WORK TASK. Note each line of the listing that contains the string "unfolding", and copy it.

SUPPLIED INFORMATION.
______________________________

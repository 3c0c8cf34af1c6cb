-- ===== src/Tests/SubmissionRuns.antt =====
-- The submission of src/worker/mod.rs against a bundler that finds the first operation's gas too low.
use agent_execution_platform.Prelude.{
  ℕ, ◌+◌, ◌≤◌, ◌≡◌, refl, none, some, List, [], ◌++◌, ◌==◌, drop, replicate, if◌then◌else◌, arith,
}
use agent_execution_platform.Prelude.Text.{Text, text, is_whitespace}
use agent_execution_platform.Prelude.Results.{ok}
use agent_execution_platform.Types.{UserOperation}
use agent_execution_platform.Crates.{Provider}
use agent_execution_platform.Relayer.Utils.{
  rejected, with_0x, parse_hex_u256, parse_hex_bytes, parse_hex_bytes32,
}
use agent_execution_platform.Relayer.UserOp.{compute_user_op_hash, apply_signature}
use agent_execution_platform.Relayer.Sponsor.{sign_paymaster_data}
use agent_execution_platform.Submission.{
  Outside, sign_user_operation_for_submission, bump_pre_verification_gas,
  buffered_pre_verification_gas, submit_user_operation_with_pre_verification_retry,
}
use agent_execution_platform.Submission.Messages.{
  parse_required_pre_verification_gas, parse_u256_token,
}
use agent_execution_platform.Submission.Signing.{
  IsSubmittable, Keeps, sign_user_operation_for_submission-IsSubmittable,
}
use agent_execution_platform.Submission.Retry.{IsSendCount, submit_sends_at_most_twice}
use agent_execution_platform.Tests.CrateFixtures.{hex, u256, eth, encode, decode, big_endian}
use agent_execution_platform.Tests.RelayerRuns.{operation, signer, signer-IsSigner}

-- The seconds that have passed, and the operations that were sent.
abbrev Net : Type 0
Net = ℕ × ℕ

abbrev node : Provider Net
node = record {
  call = λ tx c. (ok [], c);
  estimate_gas = λ tx c. (ok 21000, c);
  get_code = λ a c. (ok [], c);
  get_chainid = λ c. (ok 1, c);
  latest_base_fee = λ c. (ok none, c);
}

abbrev too_low : Text
too_low = text "preVerificationGas is too low, minimum: 100"

abbrev outside : Outside Net
outside = record {
  provider = node;
  clock = record { now = λ c. c.0; sleep = λ d c. (c.0 + d, c.1); slept = λ d c. omega arith };
  unix_time = λ c. 1000 + c.0;
  send = λ p c. (
    ok (
        if c.1 == 0
        then record { result = none; error = too_low }
        else record { result = some (text "0xab"); error = [] }),
    (c.0, c.1 + 1),
  );
  receipt = λ h c. (ok (record { result = none; error = [] }), c);
  decrypt_and_sign = λ h. ok (replicate 65 7);
  error_text = λ e. elim e [ rejected t ↦ t | _ ↦ [] ];
}

abbrev entry_point : List ℕ
entry_point = replicate 20 0x43

abbrev small : UserOperation
small = record operation { pre_verification_gas = text "0x10" }

bumps :
    bump_pre_verification_gas hex u256 eth outside entry_point small (rejected too_low)
    ≡ ok (record small { pre_verification_gas = with_0x (u256.hex_digits 1110) })
unfolding bump_pre_verification_gas buffered_pre_verification_gas
    parse_required_pre_verification_gas parse_u256_token is_whitespace
bumps = refl

sends-IsSendCount : IsSendCount hex u256 eth outside entry_point (λ c. c.1)
sends-IsSendCount = record {
  chainid_keeps = λ c. refl;
  receipt_keeps = λ h c. refl;
  sleep_keeps = λ d c. refl;
  send_counts = λ p c. omega arith;
}

submit_sends_at_most_twice_example :
    (submit_user_operation_with_pre_verification_retry hex u256 eth outside entry_point
      (some signer)
      1
      small
      (0, 0)).1.1
    ≤ 2
submit_sends_at_most_twice_example =
    submit_sends_at_most_twice hex u256 eth outside entry_point (λ c. c.1) sends-IsSendCount
      (some signer) 1 small (0, 0)

abbrev submitted : UserOperation
submitted = record small {
  paymaster_and_data = with_0x (
      encode (
        replicate 20 0x22
        ++ drop 16 (big_endian 32 100_000)
        ++ drop 16 (big_endian 32 50_000)
        ++ (big_endian 32 1300 ++ big_endian 32 970)
        ++ replicate 65 1));
  signature = with_0x (encode (replicate 65 7));
}

submits :
    (sign_user_operation_for_submission hex u256 eth outside entry_point
      (some signer)
      1
      small
      (0, 0)).0
    ≡ ok submitted
unfolding sign_user_operation_for_submission apply_signature sign_paymaster_data decode
    parse_hex_u256 parse_hex_bytes compute_user_op_hash parse_hex_bytes32 encode big_endian
submits = refl

sign_user_operation_for_submission-IsSubmittable_example :
    IsSubmittable hex u256 eth outside entry_point signer (0, 0) 1 submitted
    × Keeps hex u256 eth outside entry_point small submitted
sign_user_operation_for_submission-IsSubmittable_example =
    sign_user_operation_for_submission-IsSubmittable hex u256 eth outside entry_point signer 1 small
      (0, 0) submitted signer-IsSigner (omega arith) submits
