-- ===== src/Wallets/Ciphers.antt =====
-- src/agent_wallet/mod.rs: the encryption of the signing keys at rest.
use agent_execution_platform.Prelude.{
  ℕ, zero, suc, ◌≤◌, ◌≡◌, refl, Bool, true, false, not, ◌&&◌, Option, some, List, [], ◌∷◌, ◌++◌,
  arith, length, take, drop, ltb, leb, ◌==◌, if◌then◌else◌, Option-cases, inl, inr, length-append,
  take-append_length, drop-append_length,
}
use agent_execution_platform.Prelude.Text.{Text}
use agent_execution_platform.Prelude.Results.{
  Result, ok, or_err, fail_if, bind_eq, fail_if_passed, ◌>>=◌, ◌>>◌,
}

-- `Aes256Gcm` under a key of 32 bytes, and the standard alphabet of crate base64.
pub record Cipher : Type 0 where
  -- The key, the nonce and the bytes; the tag is behind the ciphertext.
  pub encrypt : List ℕ → List ℕ → List ℕ → Option (List ℕ)
  pub decrypt : List ℕ → List ℕ → List ℕ → Option (List ℕ)
  pub base64_encode : List ℕ → Text
  pub base64_decode : Text → Option (List ℕ)
  -- What was encrypted is decrypted under the same key and nonce, and has a tag.
  pub decrypt_encrypt :
      (key nonce plain c : List ℕ)
      → encrypt key nonce plain ≡ some c
      → decrypt key nonce c ≡ some plain
  pub tagged : (key nonce plain c : List ℕ) → encrypt key nonce plain ≡ some c → 16 ≤ length c
  pub decode_encode : (b : List ℕ) → base64_decode (base64_encode b) ≡ some b

pub data CipherError : Type 0 where
  encryption_failed invalid_base64 too_short decryption_failed not_utf8 : CipherError

-- `String::from_utf8`: whether bytes are UTF-8, with `n` bytes of a character to come, of which the
-- next is from `lo` to `hi`.
utf8_from : ℕ → ℕ → ℕ → List ℕ → Bool
utf8_from zero lo hi [] = true
utf8_from (suc n) lo hi [] = false
utf8_from zero lo hi (b ∷ s) =
    if ltb b 0x80
    then utf8_from 0 0 0 s
    else if leb 0xc2 b && leb b 0xdf
    then utf8_from 1 0x80 0xbf s
    else if b == 0xe0
    then utf8_from 2 0xa0 0xbf s
    else if b == 0xed
    then utf8_from 2 0x80 0x9f s
    else if leb 0xe1 b && leb b 0xef
    then utf8_from 2 0x80 0xbf s
    else if b == 0xf0
    then utf8_from 3 0x90 0xbf s
    else if leb 0xf1 b && leb b 0xf3
    then utf8_from 3 0x80 0xbf s
    else if b == 0xf4
    then utf8_from 3 0x80 0x8f s
    else false
utf8_from (suc n) lo hi (b ∷ s) =
    let rest = utf8_from n 0x80 0xbf s in if leb lo b && leb b hi then rest else false

unfoldable pub is_utf8 : List ℕ → Bool
unfolding utf8_from
is_utf8 b = utf8_from 0 0 0 b

module _ (cipher : Cipher) where
  -- The nonce is drawn by the caller, which the code does in between.
  unfoldable pub encrypt_key_hex : List ℕ → List ℕ → List ℕ → Result CipherError Text
  encrypt_key_hex encryption_key nonce_bytes key_hex = do
    ciphertext ← or_err (cipher.encrypt encryption_key nonce_bytes key_hex) encryption_failed
    ok (cipher.base64_encode (nonce_bytes ++ ciphertext))

  unfoldable pub decrypt_key_hex : List ℕ → Text → Result CipherError (List ℕ)
  decrypt_key_hex encryption_key encrypted_b64 = do
    combined ← or_err (cipher.base64_decode encrypted_b64) invalid_base64
    fail_if (ltb (length combined) 13) too_short
    plaintext ←
        or_err (cipher.decrypt encryption_key (take 12 combined) (drop 12 combined))
          decryption_failed
    fail_if (not (is_utf8 plaintext)) not_utf8
    ok plaintext

  -- A key that was encrypted under a nonce of twelve bytes is decrypted to itself.
  pub decrypt_key_hex-encrypt_key_hex :
      (key nonce key_hex : List ℕ) (out : Text)
      → length nonce ≡ 12
      → is_utf8 key_hex ≡ true
      → encrypt_key_hex key nonce key_hex ≡ ok out
      → decrypt_key_hex key out ≡ ok key_hex
  unfolding encrypt_key_hex decrypt_key_hex
  decrypt_key_hex-encrypt_key_hex key nonce key_hex out len valid h =
      elim (Option-cases (cipher.encrypt key nonce key_hex)) [
        | inl e ↦ absurd (ground arith)
        | inr (c, e) ↦
            let combined = nonce ++ c in
            rw (← output c e h) (
              bind_eq (or_err (cipher.base64_decode (cipher.base64_encode combined)) invalid_base64)
                _ combined (rw (cipher.decode_encode combined) refl)
                (fail_if_passed (ltb (length combined) 13) _ _
                  (long_enough c (cipher.tagged key nonce key_hex c e))
                  (bind_eq
                    (or_err (cipher.decrypt key (take 12 combined) (drop 12 combined))
                      decryption_failed)
                    _ key_hex (decrypted c e)
                    (fail_if_passed (not (is_utf8 key_hex)) _ _ (rw valid refl) refl))))
      ]
    where
      output :
          (c : List ℕ)
          → cipher.encrypt key nonce key_hex ≡ some c
          → encrypt_key_hex key nonce key_hex ≡ ok out
          → cipher.base64_encode (nonce ++ c) ≡ out
      output c e h = ground arith

      cut_front : (c : List ℕ) → take 12 (nonce ++ c) ≡ nonce
      cut_front c = rw (← len) (take-append_length nonce c)

      cut_back : (c : List ℕ) → drop 12 (nonce ++ c) ≡ c
      cut_back c = rw (← len) (drop-append_length nonce c)

      long_enough : (c : List ℕ) → 16 ≤ length c → ltb (length (nonce ++ c)) 13 ≡ false
      long_enough c h = ground (arith, length-append nonce c)

      decrypted :
          (c : List ℕ)
          → cipher.encrypt key nonce key_hex ≡ some c
          → or_err
              (cipher.decrypt key (take 12 (nonce ++ c)) (drop 12 (nonce ++ c)))
              decryption_failed
            ≡ ok key_hex
      decrypted c e =
          rw (cut_front c, cut_back c, cipher.decrypt_encrypt key nonce key_hex c e) refl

______________________________

RESULT FOR THIS TASK.
unfolding bump_pre_verification_gas buffered_pre_verification_gas
unfolding sign_user_operation_for_submission apply_signature sign_paymaster_data decode
unfolding utf8_from
  unfolding encrypt_key_hex decrypt_key_hex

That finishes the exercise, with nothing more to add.